Youtuber wydał 3,5 miliona dolarów na karty do Pokemonów. Został oszukany
Paczki, które miały być warte majątek, okazały się ordynarną podróbką.
14.01.2022 18:21
Zalogowani mogą więcej
Możesz zapisać ten artykuł na później. Znajdziesz go potem na swoim koncie użytkownika
Logan Paul, aktor, celebryta i youtuber, padł ofiarą spektakularnego oszustwa. Kupione przez niego za 3,5 miliona dolarów opakowania boosterów do karcianej gry Pokemon okazały się całkowicie fałszywe. Jego współpracownicy nazwali to "największym oszustwem w historii Pokemonów".
Przedmiotem zakupu był karton opakowań boosterów - zafoliowanych paczek z kartami. Pochodzić one miały rzekomo z pierwszej edycji kolekcjonerskiej gry karcianej Pokemon z 1996 roku. Nienaruszone i fabrycznie zamknięte boxy boosterów, gdyby faktycznie były autentyczne, spokojnie mogłyby być warte pieniądze, jakie zapłacił Paul. Problem w tym, że były one od początku podejrzane.
Paczki przeszły bowiem z rąk do rąk kilkukrotnie, zanim trafiły do youtubera, który też jako pierwszy postanowił je otworzyć i zweryfikować ich autentyczność. Pierwszy raz sprzedano je za 72,5 tysiąca dolarów, później przeszły jeszcze kilka operacji sprzedaży, zanim trafiły do firmy Baseball Card Exchange.
I tutaj zaczyna się robić interesująco. Firma Baseball Card Exchange bowiem potwierdziła autentyczność paczek, po czym zostały one sprzedane za 2,7 miliona dolarów osobie, która z kolei później sprzedała je właśnie za wspomniane 3,5 miliona dolarów Loganowi.
Ten jednak, gdy zaczął otwierać boostery, znalazł w nich karty to kolekcjonerskiej gry GI Joe z 1991 roku - niewarte nawet ułamka tego, co warte byłyby oryginalne karty do Pokemonów. Jakim cudem więc zajmująca się rzekomo profesjonalnie potwierdzaniem autentyczności kart kolekcjonerskich firma mogła się tak pomylić? Szczególnie, że paczki od początku budziły wątpliwości - nie zgadzały się chociażby kody kreskowe z etykietą.

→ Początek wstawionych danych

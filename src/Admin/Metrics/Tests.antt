-- ===== src/Admin/Metrics/Tests.antt =====
-- The metrics of a day without requests, and an instance of the theorem about them.
use syn.Common.{ℕ, ◌<◌, ◌≡◌, refl, ◌↔◌, true, none, some, List, []}
use syn.Common.Text.{Text, codes}
use syn.Errors.{ok}
use syn.Admission.{Controller, init}
use syn.Observability.{LatencyDetail, latency_stats}
use syn.Admin.Metrics.{prometheus_metrics}
use syn.Admin.Metrics.Grammar.{is_value, AreLines}
use syn.Admin.Metrics.Format.{prometheus_metrics-AreLines}

abbrev quarter : ℕ → Text
quarter n = codes "0.25"

quarter-plain : (n : ℕ) → is_value (quarter n) ≡ true
unfolding is_value
quarter-plain n = refl

abbrev two_slots : Controller
two_slots = (init 2 8 30).ctl

prometheus_metrics-AreLines_example :
    (ls : List Text) × (l : LatencyDetail) × (prometheus_metrics quarter true
        (some two_slots)
        86400
        100000
        []
      ≡ ok ls)
    × (latency_stats 86400 100000 [] none none ≡ ok l)
    × (AreLines ls ↔ (0 < l.ttft_ms.count))
prometheus_metrics-AreLines_example =
    prometheus_metrics-AreLines quarter quarter-plain (some two_slots) 86400 100000 []
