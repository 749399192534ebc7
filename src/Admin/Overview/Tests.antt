-- ===== src/Admin/Overview/Tests.antt =====
-- An application with one backend, and an instance of the theorem about its overview.
use syn.Common.{◌≡◌, refl, true, none, some, []}
use syn.Common.Text.{Text, codes}
use syn.Common.Json.{null}
use syn.Errors.{Result, ok, err, other}
use syn.Backend.{InferenceBackend, reachable}
use syn.Admission.{Controller, init}
use syn.Routing.BackendRegistry
use syn.Routing.BackendRegistry.{BackendRegistry}
use syn.Routing.Router.{RoutingService}
use syn.Admin.Pages.Backends.{SplitUrl}
use syn.Admin.Overview.{OverviewOut, get_overview}
use syn.Admin.Overview.Shown.{IsOverview, get_overview-IsOverview}

abbrev gpu_server : InferenceBackend
gpu_server = record {
  name = "llama_cpp";
  base_url = codes "http://gpu:8080";
  capabilities = [];
  health = ok (record {
    state = reachable;
    is_reachable = true;
    configured = true;
    server_version = null;
    model = some (codes "Foo.gguf");
  });
  models = err other;
}

abbrev gpu_registry : BackendRegistry
gpu_registry = BackendRegistry.register (BackendRegistry.init 5) "gpu" gpu_server

abbrev gpu_service : RoutingService
gpu_service = record {
  model_registry = none;
  backend_registry = some gpu_registry;
  passthrough = true;
  get_default_backend = none;
}

abbrev two_slots : Controller
two_slots = (init 2 8 30).ctl

abbrev bad_port : Text → Result SplitUrl
bad_port url = ok (record { hostname = some (codes "gpu"); port = err other })

get_overview-IsOverview_example :
    (o : OverviewOut) × ((get_overview bad_port true
        (some two_slots)
        (some gpu_service)
        9
        86400
        100000
        []).1
      ≡ ok o)
    × IsOverview (some two_slots) gpu_service gpu_registry 86400 100000 [] o
get_overview-IsOverview_example =
    get_overview-IsOverview bad_port (some two_slots) gpu_service gpu_registry 9 86400 100000 []
      refl
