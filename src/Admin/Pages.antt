-- ===== src/Admin/Pages.antt =====
-- The pages of app/api/admin.py that list models and backends for operators, over the lists that the
-- registries hold. Times of the last check and texts of reasons are left out.
pub mod Backends
pub mod Inference
pub mod Models
mod Tests
use syn.Common.{
  ℕ, String, Bool, true, false, ◌||◌, not, Option, none, some, List, [], ◌∷◌, map, if◌then◌else◌,
}
use syn.Common.Dict.{Dict}
use syn.Common.Dict
use syn.Common.Text.{Text, codes, text_eq}
use syn.Routing.BackendRegistry.{BackendRegistry}
use syn.Routing.BackendRegistry
use syn.Routing.ModelRegistry.{ModelEntry, ModelRegistry}
use syn.Routing.ModelRegistry
use syn.Routing.Router.{RoutingService, configured}
use syn.Admin.Runtime.{
  BackendRuntime, unreached, base_name, discover_backend_runtime, RuntimeStatus, online, offline,
  no_model, error, derive_runtime_status,
}

pub record ModelListOut : Type 0 where
  pub id : String
  pub backend_id : String
  pub enabled : Bool
  pub aliases : List String
  pub backend_reachable : Bool
  pub runtime_loaded : Bool
  pub runtime_model : Option Text
  pub runtime_status : RuntimeStatus

pub record ModelsListOut : Type 0 where
  pub configured : Bool
  pub models : List ModelListOut

-- The loop over the backends, with what has been found out.
unfoldable pub discover_all :
    BackendRegistry → List String → ℕ → Dict BackendRuntime → BackendRegistry × Dict BackendRuntime
discover_all r [] now found = (r, found)
discover_all r (k ∷ ks) now found =
    let (r', runtime) = discover_backend_runtime r k now in
    discover_all r' ks now (Dict.put found k runtime)

-- The first name that is the configured one, or its last part.
unfoldable pub first_match : Text → List Text → Option Text
unfolding base_name
first_match backend_model [] = none
first_match backend_model (m ∷ ms) =
    let rest = first_match backend_model ms in
    if text_eq m (base_name backend_model) || text_eq m backend_model then some m else rest

-- The name of the loaded model.
unfoldable pub runtime_model_name : Bool → List Text → Text → Option Text
unfolding first_match
runtime_model_name false names backend_model = none
runtime_model_name true [] backend_model = none
runtime_model_name true (n ∷ []) backend_model = some n
runtime_model_name true (n ∷ k ∷ ns) backend_model = elim (first_match backend_model (n ∷ k ∷ ns)) [
  | none ↦ some n
  | some m ↦ some m
]

-- status == "online"
unfoldable pub is_online : RuntimeStatus → Bool
is_online online = true
is_online offline = false
is_online no_model = false
is_online error = false

-- backend_runtime.get(bid, ...)
unfoldable pub runtime_or_unreached : Option BackendRuntime → BackendRuntime
runtime_or_unreached none = unreached
runtime_or_unreached (some runtime) = runtime

unfoldable pub model_out : ModelEntry → BackendRuntime → ModelListOut
unfolding runtime_model_name is_online
model_out entry runtime =
    let status =
      derive_runtime_status runtime.is_reachable runtime.runtime_models runtime.has_error in
    record {
      id = entry.id;
      backend_id = entry.backend_id;
      enabled = entry.enabled;
      aliases = entry.aliases;
      backend_reachable = runtime.is_reachable;
      runtime_loaded = is_online status;
      runtime_model =
          runtime_model_name runtime.is_reachable runtime.runtime_models
            (codes entry.backend_model);
      runtime_status = status;
    }

unfoldable pub models_out : List ModelEntry → Dict BackendRuntime → List ModelListOut
unfolding model_out runtime_or_unreached
models_out entries found =
    map (λ (e : ModelEntry). model_out e (runtime_or_unreached (Dict.get found e.backend_id)))
      entries

-- What is found out of all backends, if there is a registry of them.
unfoldable pub runtimes : Option BackendRegistry → ℕ → Option BackendRegistry × Dict BackendRuntime
unfolding discover_all
runtimes none now = (none, [])
runtimes (some r) now =
    let (r', found) = discover_all r (BackendRegistry.ids r) now [] in (some r', found)

abbrev pub no_models : ModelsListOut
no_models = record { configured = false; models = [] }

-- get_models, for an application that has a routing service
unfoldable pub get_models : RoutingService → ℕ → RoutingService × ModelsListOut
unfolding models_out runtimes
get_models s now = if not (configured s) then (s, no_models) else (elim s.model_registry [
  | none ↦ (s, no_models)
  | some models ↦
      let (r', found) = runtimes s.backend_registry now in
      (
        record s { backend_registry = r' },
        record { configured = true; models = models_out (ModelRegistry.list_all models) found },
      )
])
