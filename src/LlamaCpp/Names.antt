-- ===== src/LlamaCpp/Names.antt =====
-- The model names that app/backends/llama_cpp.py shows have no part of a path.
use syn.Common.{
  ℕ, ◌≡◌, refl, false, ◌||◌, some, inl, inr, List, [], ◌∷◌, arith, All, ◌==◌, Bool-cases,
}
use syn.Common.Text.{Text, has_char, split}
use syn.LlamaCpp.{forward_slashes, last_piece, text_or_none, sanitize_model_name}

-- A name that is no path: not empty, and without the separators.
pub record IsPlainName (name : Text) : Type 0 where
  pub nonempty : ¬ (name ≡ [])
  pub no_slash : has_char b'/' name ≡ false
  pub no_backslash : has_char b'\\' name ≡ false

forward_slashes-no_backslash : (s : Text) → has_char b'\\' (forward_slashes s) ≡ false
unfolding forward_slashes has_char
forward_slashes-no_backslash [] = refl
forward_slashes-no_backslash (c ∷ s) = ground (arith, forward_slashes-no_backslash s)

abbrev Lacks : ℕ → Text → Type 0
Lacks c s = has_char c s ≡ false

grown-Lacks :
    (c d : ℕ) (ps : List Text)
    → (d == c) ≡ false
    → All (Lacks c) ps
    → All (Lacks c) (elim ps [ [] ↦ (d ∷ []) ∷ [] | x ∷ xs ↦ (d ∷ x) ∷ xs ])
unfolding has_char
grown-Lacks c d [] h a = (ground (arith, h), tt)
grown-Lacks c d (x ∷ xs) h a = (ground (arith, h, a.0), a.1)

-- A character that a text lacks, its pieces lack, and each lacks the separator.
split-Lacks : (sep c : ℕ) (s : Text) → Lacks c s → All (Lacks c) (split sep s)
unfolding split has_char
split-Lacks sep c [] h = (refl, tt)
split-Lacks sep c (d ∷ s) h =
    let rest = split-Lacks sep c s (ground (arith, h)) in
    elim (Bool-cases (d == sep)) [
      | inl e ↦ rw e (refl, rest)
      | inr e ↦ rw e (grown-Lacks c d (split sep s) (ground (arith, h)) rest)
    ]

split-no_separator : (sep : ℕ) (s : Text) → All (Lacks sep) (split sep s)
unfolding split has_char
split-no_separator sep [] = (refl, tt)
split-no_separator sep (d ∷ s) = elim (Bool-cases (d == sep)) [
  | inl e ↦ rw e (refl, split-no_separator sep s)
  | inr e ↦ rw e (grown-Lacks sep d (split sep s) e (split-no_separator sep s))
]

last_piece-All : (P : Text → Type 0) → P [] → (ps : List Text) → All P ps → P (last_piece ps)
unfolding last_piece
last_piece-All P e [] a = e
last_piece-All P e (x ∷ []) a = a.0
last_piece-All P e (x ∷ y ∷ xs) a = last_piece-All P e (y ∷ xs) a.1

text_or_none-some : (s n : Text) → text_or_none s ≡ some n → (s ≡ n) × ¬ (s ≡ [])
unfolding text_or_none
text_or_none-some [] n h = absurd (cc)
text_or_none-some (c ∷ s) n h = (cc, λ e. absurd (cc))

plain : (s n : Text) → Lacks b'/' s → Lacks b'\\' s → text_or_none s ≡ some n → IsPlainName n
plain s n a b h =
    let (e, p) = text_or_none-some s n h in
    rw (← e) (record { nonempty = p; no_slash = a; no_backslash = b })

-- A name that is shown is no path, whatever identifier the server sent.
pub sanitize_model_name-IsPlainName :
    (raw name : Text) → sanitize_model_name raw ≡ some name → IsPlainName name
unfolding sanitize_model_name
sanitize_model_name-IsPlainName [] name h = absurd (cc)
sanitize_model_name-IsPlainName (c ∷ s) name h =
    let raw = c ∷ s in
    let slashes = forward_slashes raw in
    let pieces = split b'/' slashes in
    elim (Bool-cases (has_char b'\\' raw || has_char b'/' raw)) [
      | inl e ↦
          plain (last_piece pieces) name
            (last_piece-All (Lacks b'/') (unfold has_char in refl) pieces
              (split-no_separator b'/' slashes))
            (last_piece-All (Lacks b'\\') (unfold has_char in refl) pieces
              (split-Lacks b'/' b'\\' slashes (forward_slashes-no_backslash raw)))
            (rw e at h)
      | inr e ↦ plain raw name (ground (arith, e)) (ground (arith, e)) (rw e at h)
    ]
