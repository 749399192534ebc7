-- ===== src/Routing/BackendRegistry/Health.antt =====
-- The health cache of app/routing/backend_registry.py.
use syn.Common.{
  ℕ, ◌+◌, ◌-◌, ◌≤◌, String, ◌≡◌, refl, ◌⊎◌, inl, inr, Bool, true, false, ◌&&◌, not, Option, none,
  some, arith, leb, str_eq, if◌then◌else◌, Bool-cases,
}
use syn.Common.Dict
use syn.Common.Dict.{get-put}
use syn.Errors.{Result, ok}
use syn.Backend.{InferenceBackend, BackendHealthResult}
use syn.Routing.BackendRegistry.{BackendRegistry, probe, cached_at, refresh, health_of, health}

-- The answer is the cached result, which is not older than the time to live, and nothing changes.
abbrev pub FromCache :
    BackendRegistry → String → Bool → ℕ → BackendRegistry × Result BackendHealthResult → Type 0
FromCache r k force now (r', answer) =
    (h : BackendHealthResult) × (answer ≡ ok h)
    × (Dict.get r.health_cache k ≡ some h)
    × (force ≡ false)
    × ((t : ℕ) → Dict.get r.health_at k ≡ some t → now ≤ t + r.health_ttl)
    × (r' ≡ r)

-- The answer is that of a probe made now, which is recorded under this id alone.
abbrev pub Probed :
    BackendRegistry
    → String
    → InferenceBackend
    → ℕ
    → BackendRegistry × Result BackendHealthResult
    → Type 0
Probed r k b now (r', answer) =
    (answer ≡ ok (probe b))
    × ((j : String)
        → Dict.get r'.health_cache j
          ≡ (if str_eq k j then some (probe b) else Dict.get r.health_cache j))
    × ((j : String)
        → Dict.get r'.health_at j ≡ (if str_eq k j then some now else Dict.get r.health_at j))
    × (r'.backends ≡ r.backends)
    × (r'.health_ttl ≡ r.health_ttl)

refresh-Probed :
    (r : BackendRegistry) (k : String) (b : InferenceBackend) (now : ℕ)
    → Probed r k b now (refresh r k b now)
unfolding refresh
refresh-Probed r k b now =
    (refl, λ j. get-put r.health_cache k j (probe b), λ j. get-put r.health_at k j now, refl, refl)

young :
    (r : BackendRegistry) (k : String) (now t : ℕ)
    → leb (now - cached_at r k) r.health_ttl ≡ true
    → Dict.get r.health_at k ≡ some t
    → now ≤ t + r.health_ttl
unfolding cached_at
young r k now t h e = ground arith

health_of-cases :
    (r : BackendRegistry) (k : String) (force : Bool) (now : ℕ) (b : InferenceBackend)
    (cached : Option BackendHealthResult)
    → Dict.get r.health_cache k ≡ cached
    → FromCache r k force now (health_of r k force now (some b) cached)
      ⊎ Probed r k b now (health_of r k force now (some b) cached)
unfolding health_of
health_of-cases r k force now b none e = inr (refresh-Probed r k b now)
health_of-cases r k force now b (some h) e =
    elim (Bool-cases (not force && leb (now - cached_at r k) r.health_ttl)) [
      | inl fresh ↦ rw fresh (
          inl (
            h,
            refl,
            e,
            ground (arith, fresh),
            (λ t. young r k now t (ground (arith, fresh))),
            refl,
          ))
      | inr stale ↦ rw stale (inr (refresh-Probed r k b now))
    ]

-- A health query for a registered backend never raises. It returns the cached result, which is not
-- older than the time to live and only if no probe is forced, and changes nothing; or it returns the
-- result of a probe made now, and records that result and the time under this id alone.
pub health-registered :
    (r : BackendRegistry) (k : String) (force : Bool) (now : ℕ) (b : InferenceBackend)
    → Dict.get r.backends k ≡ some b
    → FromCache r k force now (health r k force now) ⊎ Probed r k b now (health r k force now)
unfolding health
health-registered r k force now b e =
    rw e (health_of-cases r k force now b (Dict.get r.health_cache k) refl)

Z całą pewnością na biednego nie trafiło - całkowita "wartość rynkowa" Logana Paula szacowana jest na 35 milionów dolarów. Pozostaje nam jednak poczekać i przekonać się, co będzie on chciał dalej zrobić z tą sprawą (jeżeli cokolwiek). Równie zastanawiające jest to, w którym momencie doszło tu do oszustwa - czy paczki były podrobione od samego początku, czy doszło do zamiany gdzieś po drodze?
Być może za jakiś czas się tego dowiemy.